● Exercise goal:
Repeat exactly, and only, the lines below starting at the line that contains "pub done : List" and ending at the line that contains "link_by_name = λ", inclusive of both.

● Information given:
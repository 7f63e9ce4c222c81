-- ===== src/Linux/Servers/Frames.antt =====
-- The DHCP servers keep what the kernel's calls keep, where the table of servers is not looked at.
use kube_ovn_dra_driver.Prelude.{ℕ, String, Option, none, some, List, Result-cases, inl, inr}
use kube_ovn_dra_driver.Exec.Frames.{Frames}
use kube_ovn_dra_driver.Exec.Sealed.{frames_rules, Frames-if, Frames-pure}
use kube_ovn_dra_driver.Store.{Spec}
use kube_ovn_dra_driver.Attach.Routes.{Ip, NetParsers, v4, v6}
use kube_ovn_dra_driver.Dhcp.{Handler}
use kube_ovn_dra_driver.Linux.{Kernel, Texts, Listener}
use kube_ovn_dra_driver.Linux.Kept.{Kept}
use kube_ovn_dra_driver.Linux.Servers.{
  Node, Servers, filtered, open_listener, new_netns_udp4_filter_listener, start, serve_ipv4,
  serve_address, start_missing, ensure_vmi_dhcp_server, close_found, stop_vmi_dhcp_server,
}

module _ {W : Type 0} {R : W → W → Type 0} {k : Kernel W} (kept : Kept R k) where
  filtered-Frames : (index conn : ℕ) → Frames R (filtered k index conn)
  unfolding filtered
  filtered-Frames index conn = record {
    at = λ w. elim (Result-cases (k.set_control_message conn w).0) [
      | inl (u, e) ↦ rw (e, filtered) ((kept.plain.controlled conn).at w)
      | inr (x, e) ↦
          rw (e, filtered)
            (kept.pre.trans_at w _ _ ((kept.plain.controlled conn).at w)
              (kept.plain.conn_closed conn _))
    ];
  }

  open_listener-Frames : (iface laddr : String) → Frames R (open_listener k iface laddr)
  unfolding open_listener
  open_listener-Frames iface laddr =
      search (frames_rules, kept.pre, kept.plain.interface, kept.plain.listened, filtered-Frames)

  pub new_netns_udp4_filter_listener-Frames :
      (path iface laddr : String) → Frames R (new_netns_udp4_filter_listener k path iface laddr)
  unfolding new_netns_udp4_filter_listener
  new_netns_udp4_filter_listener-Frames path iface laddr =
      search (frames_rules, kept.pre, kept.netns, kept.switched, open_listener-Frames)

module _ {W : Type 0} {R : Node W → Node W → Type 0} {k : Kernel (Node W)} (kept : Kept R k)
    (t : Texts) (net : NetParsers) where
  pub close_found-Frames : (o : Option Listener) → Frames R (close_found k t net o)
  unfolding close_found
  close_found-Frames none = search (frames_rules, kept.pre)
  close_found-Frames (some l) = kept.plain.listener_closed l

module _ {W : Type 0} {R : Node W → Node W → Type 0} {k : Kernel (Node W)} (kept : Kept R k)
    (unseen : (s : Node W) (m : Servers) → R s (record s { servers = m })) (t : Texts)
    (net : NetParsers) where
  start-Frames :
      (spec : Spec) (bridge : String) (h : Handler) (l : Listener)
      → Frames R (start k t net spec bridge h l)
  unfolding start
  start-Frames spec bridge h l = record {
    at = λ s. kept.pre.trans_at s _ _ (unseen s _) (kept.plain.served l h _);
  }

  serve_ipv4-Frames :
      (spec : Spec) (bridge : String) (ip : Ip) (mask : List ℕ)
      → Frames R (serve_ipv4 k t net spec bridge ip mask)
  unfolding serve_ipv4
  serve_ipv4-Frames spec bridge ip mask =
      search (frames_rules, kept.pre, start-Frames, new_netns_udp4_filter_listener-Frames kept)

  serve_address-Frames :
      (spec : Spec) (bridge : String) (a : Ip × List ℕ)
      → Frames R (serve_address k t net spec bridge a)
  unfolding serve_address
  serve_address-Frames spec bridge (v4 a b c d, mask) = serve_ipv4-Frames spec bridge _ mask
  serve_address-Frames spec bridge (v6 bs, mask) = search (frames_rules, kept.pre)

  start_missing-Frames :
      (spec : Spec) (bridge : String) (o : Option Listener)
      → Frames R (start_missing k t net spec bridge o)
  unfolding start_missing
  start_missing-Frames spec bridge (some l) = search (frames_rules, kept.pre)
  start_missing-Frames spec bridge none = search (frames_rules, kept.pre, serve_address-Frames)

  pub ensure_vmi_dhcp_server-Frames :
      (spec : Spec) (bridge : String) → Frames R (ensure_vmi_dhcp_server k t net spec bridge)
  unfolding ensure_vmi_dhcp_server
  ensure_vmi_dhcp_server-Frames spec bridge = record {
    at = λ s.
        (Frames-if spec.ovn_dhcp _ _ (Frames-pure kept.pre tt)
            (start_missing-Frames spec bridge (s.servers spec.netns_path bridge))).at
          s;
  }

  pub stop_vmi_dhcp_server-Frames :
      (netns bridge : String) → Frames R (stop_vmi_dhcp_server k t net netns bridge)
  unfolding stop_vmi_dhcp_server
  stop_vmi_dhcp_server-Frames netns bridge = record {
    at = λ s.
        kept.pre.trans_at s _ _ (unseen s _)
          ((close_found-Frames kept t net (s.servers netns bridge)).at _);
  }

--

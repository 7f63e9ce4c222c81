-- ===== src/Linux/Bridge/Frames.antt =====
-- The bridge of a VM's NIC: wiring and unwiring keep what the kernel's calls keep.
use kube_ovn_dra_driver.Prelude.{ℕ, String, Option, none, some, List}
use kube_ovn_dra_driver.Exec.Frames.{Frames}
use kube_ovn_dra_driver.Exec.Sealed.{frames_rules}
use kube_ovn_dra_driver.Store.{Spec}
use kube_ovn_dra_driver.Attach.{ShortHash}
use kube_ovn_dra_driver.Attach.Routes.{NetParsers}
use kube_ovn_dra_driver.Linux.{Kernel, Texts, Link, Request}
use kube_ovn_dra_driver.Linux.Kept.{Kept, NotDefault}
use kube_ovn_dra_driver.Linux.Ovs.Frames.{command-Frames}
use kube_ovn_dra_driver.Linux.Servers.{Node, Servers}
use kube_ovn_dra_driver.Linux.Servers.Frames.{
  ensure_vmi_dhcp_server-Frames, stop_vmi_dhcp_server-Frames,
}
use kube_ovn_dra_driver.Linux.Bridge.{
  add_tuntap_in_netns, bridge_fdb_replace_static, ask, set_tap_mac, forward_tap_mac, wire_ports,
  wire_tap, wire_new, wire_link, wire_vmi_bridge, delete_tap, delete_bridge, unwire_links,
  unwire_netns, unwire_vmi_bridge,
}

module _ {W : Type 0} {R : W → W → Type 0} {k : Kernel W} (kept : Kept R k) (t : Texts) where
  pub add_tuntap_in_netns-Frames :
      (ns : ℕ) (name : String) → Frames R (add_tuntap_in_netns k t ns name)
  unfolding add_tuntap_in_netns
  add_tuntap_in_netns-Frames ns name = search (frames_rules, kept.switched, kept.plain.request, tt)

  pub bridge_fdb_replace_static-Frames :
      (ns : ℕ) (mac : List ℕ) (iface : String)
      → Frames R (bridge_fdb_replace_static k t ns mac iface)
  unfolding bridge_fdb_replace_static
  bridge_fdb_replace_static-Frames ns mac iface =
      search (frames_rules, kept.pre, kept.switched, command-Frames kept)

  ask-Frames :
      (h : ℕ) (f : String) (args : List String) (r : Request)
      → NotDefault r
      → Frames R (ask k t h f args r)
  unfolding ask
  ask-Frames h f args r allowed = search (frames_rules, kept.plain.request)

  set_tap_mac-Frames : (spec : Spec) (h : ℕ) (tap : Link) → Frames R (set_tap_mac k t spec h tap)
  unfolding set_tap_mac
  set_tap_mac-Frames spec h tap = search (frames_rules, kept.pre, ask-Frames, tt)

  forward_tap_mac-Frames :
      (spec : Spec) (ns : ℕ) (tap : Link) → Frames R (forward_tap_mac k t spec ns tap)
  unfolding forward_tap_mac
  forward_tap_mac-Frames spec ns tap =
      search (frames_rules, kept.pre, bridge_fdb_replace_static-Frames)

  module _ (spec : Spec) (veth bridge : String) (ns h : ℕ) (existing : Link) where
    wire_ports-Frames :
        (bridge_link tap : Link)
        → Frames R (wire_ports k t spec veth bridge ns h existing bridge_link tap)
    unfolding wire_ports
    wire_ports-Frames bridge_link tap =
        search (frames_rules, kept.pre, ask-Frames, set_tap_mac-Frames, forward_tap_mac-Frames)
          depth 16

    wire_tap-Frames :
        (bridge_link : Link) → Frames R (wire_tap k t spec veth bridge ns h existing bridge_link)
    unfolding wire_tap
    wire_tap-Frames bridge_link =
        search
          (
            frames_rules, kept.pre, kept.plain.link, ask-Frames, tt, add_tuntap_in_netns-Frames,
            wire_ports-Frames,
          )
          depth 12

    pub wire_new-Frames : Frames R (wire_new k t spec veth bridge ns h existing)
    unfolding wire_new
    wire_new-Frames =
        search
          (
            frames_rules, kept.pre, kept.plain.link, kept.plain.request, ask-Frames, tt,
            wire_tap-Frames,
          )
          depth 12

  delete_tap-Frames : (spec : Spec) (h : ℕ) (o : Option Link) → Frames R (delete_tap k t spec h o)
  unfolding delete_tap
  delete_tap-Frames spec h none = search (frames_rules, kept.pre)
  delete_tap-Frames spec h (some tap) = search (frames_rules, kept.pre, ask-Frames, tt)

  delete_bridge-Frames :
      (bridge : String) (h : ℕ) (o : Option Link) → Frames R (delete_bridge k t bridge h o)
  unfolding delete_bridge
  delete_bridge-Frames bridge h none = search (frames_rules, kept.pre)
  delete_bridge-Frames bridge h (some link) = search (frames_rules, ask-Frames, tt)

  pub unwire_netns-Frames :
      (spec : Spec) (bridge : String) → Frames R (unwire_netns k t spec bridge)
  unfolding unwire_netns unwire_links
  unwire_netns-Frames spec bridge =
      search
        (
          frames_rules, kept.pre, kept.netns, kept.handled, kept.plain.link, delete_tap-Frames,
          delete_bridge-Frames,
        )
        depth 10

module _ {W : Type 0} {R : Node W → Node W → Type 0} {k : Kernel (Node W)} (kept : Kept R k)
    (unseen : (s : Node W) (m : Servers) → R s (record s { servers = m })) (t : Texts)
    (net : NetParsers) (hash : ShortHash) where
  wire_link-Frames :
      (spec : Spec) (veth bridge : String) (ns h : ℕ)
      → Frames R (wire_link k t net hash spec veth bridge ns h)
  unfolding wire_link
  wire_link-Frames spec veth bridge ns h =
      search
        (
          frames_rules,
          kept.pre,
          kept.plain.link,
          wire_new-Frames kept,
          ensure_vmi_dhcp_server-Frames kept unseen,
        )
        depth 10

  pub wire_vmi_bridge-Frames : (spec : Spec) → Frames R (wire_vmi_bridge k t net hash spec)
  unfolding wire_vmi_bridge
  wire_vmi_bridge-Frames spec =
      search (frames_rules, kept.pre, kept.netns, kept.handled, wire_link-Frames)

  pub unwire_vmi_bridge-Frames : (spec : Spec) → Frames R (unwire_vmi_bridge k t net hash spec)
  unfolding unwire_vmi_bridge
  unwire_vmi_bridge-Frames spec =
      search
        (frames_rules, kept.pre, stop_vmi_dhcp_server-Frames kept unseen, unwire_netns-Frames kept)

---

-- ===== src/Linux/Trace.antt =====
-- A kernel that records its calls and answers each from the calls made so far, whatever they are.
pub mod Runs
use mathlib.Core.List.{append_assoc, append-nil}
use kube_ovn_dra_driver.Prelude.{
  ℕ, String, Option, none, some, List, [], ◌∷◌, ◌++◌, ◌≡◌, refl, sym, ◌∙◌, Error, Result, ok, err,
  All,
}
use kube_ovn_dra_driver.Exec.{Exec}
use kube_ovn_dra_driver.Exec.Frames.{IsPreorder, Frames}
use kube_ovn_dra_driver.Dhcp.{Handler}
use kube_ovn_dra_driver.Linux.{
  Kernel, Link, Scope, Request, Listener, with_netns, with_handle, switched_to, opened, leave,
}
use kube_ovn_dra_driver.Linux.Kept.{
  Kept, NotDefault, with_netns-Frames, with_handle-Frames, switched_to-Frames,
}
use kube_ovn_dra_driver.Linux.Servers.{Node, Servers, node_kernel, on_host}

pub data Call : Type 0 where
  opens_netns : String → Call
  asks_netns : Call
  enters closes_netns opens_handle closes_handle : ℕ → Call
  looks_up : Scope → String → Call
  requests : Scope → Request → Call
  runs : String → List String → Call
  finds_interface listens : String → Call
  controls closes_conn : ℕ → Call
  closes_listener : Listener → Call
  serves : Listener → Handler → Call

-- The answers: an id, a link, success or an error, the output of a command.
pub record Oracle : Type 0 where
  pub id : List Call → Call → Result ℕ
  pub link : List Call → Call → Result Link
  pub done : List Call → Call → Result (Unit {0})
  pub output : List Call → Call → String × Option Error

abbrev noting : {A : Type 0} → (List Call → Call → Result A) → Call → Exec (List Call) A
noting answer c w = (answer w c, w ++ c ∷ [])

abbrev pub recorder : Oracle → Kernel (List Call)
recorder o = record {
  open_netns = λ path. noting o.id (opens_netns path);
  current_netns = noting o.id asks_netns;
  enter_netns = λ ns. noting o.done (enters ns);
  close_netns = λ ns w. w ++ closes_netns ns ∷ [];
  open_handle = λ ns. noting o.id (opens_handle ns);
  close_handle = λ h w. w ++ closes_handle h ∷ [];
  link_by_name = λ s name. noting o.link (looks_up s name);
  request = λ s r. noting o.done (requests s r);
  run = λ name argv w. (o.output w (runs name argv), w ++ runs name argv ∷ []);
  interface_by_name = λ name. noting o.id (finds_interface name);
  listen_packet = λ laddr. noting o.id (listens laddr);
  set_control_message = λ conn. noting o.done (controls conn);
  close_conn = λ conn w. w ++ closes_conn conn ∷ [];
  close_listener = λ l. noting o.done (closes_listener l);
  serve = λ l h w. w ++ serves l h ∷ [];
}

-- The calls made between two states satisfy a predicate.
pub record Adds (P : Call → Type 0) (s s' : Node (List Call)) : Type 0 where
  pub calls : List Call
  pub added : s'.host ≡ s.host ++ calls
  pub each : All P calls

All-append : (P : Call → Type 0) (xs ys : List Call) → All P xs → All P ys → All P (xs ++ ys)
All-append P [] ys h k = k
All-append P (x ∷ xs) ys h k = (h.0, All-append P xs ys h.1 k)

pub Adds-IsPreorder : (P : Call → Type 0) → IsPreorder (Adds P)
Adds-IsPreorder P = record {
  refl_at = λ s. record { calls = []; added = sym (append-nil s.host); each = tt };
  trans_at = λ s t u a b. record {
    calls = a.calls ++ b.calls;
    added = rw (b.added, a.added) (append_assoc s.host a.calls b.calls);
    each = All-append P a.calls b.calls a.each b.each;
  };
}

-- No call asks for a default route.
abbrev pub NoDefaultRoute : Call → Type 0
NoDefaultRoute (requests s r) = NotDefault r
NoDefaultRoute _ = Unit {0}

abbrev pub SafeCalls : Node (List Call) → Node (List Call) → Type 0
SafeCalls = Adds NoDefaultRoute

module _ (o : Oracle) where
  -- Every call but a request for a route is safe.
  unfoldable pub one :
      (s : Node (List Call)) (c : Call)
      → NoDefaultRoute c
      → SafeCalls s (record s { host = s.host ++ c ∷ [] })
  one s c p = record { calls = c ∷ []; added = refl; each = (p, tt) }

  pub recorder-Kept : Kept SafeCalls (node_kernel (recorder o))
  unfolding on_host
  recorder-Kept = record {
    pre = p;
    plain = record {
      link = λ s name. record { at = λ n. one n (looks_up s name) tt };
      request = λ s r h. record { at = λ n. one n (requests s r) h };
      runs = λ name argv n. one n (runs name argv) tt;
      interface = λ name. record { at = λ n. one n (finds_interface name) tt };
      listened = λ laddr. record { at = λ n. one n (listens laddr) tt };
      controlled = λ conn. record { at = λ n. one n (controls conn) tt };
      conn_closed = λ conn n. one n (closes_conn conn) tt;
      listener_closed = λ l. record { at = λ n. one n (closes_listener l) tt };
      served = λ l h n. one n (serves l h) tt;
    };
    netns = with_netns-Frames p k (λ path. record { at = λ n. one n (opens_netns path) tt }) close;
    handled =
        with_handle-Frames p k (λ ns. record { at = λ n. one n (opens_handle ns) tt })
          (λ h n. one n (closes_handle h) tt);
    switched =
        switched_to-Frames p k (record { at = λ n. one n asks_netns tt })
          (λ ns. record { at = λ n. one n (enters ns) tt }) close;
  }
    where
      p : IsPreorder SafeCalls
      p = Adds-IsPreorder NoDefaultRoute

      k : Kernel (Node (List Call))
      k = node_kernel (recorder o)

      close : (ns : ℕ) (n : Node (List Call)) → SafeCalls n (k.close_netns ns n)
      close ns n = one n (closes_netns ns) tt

● Exercise result:
  pub done : List Call → Call → Result (Unit {0})
  pub output : List Call → Call → String × Option Error

abbrev noting : {A : Type 0} → (List Call → Call → Result A) → Call → Exec (List Call) A
noting answer c w = (answer w c, w ++ c ∷ [])

abbrev pub recorder : Oracle → Kernel (List Call)
recorder o = record {
  open_netns = λ path. noting o.id (opens_netns path);
  current_netns = noting o.id asks_netns;
  enter_netns = λ ns. noting o.done (enters ns);
  close_netns = λ ns w. w ++ closes_netns ns ∷ [];
  open_handle = λ ns. noting o.id (opens_handle ns);
  close_handle = λ h w. w ++ closes_handle h ∷ [];
  link_by_name = λ s name. noting o.link (looks_up s name);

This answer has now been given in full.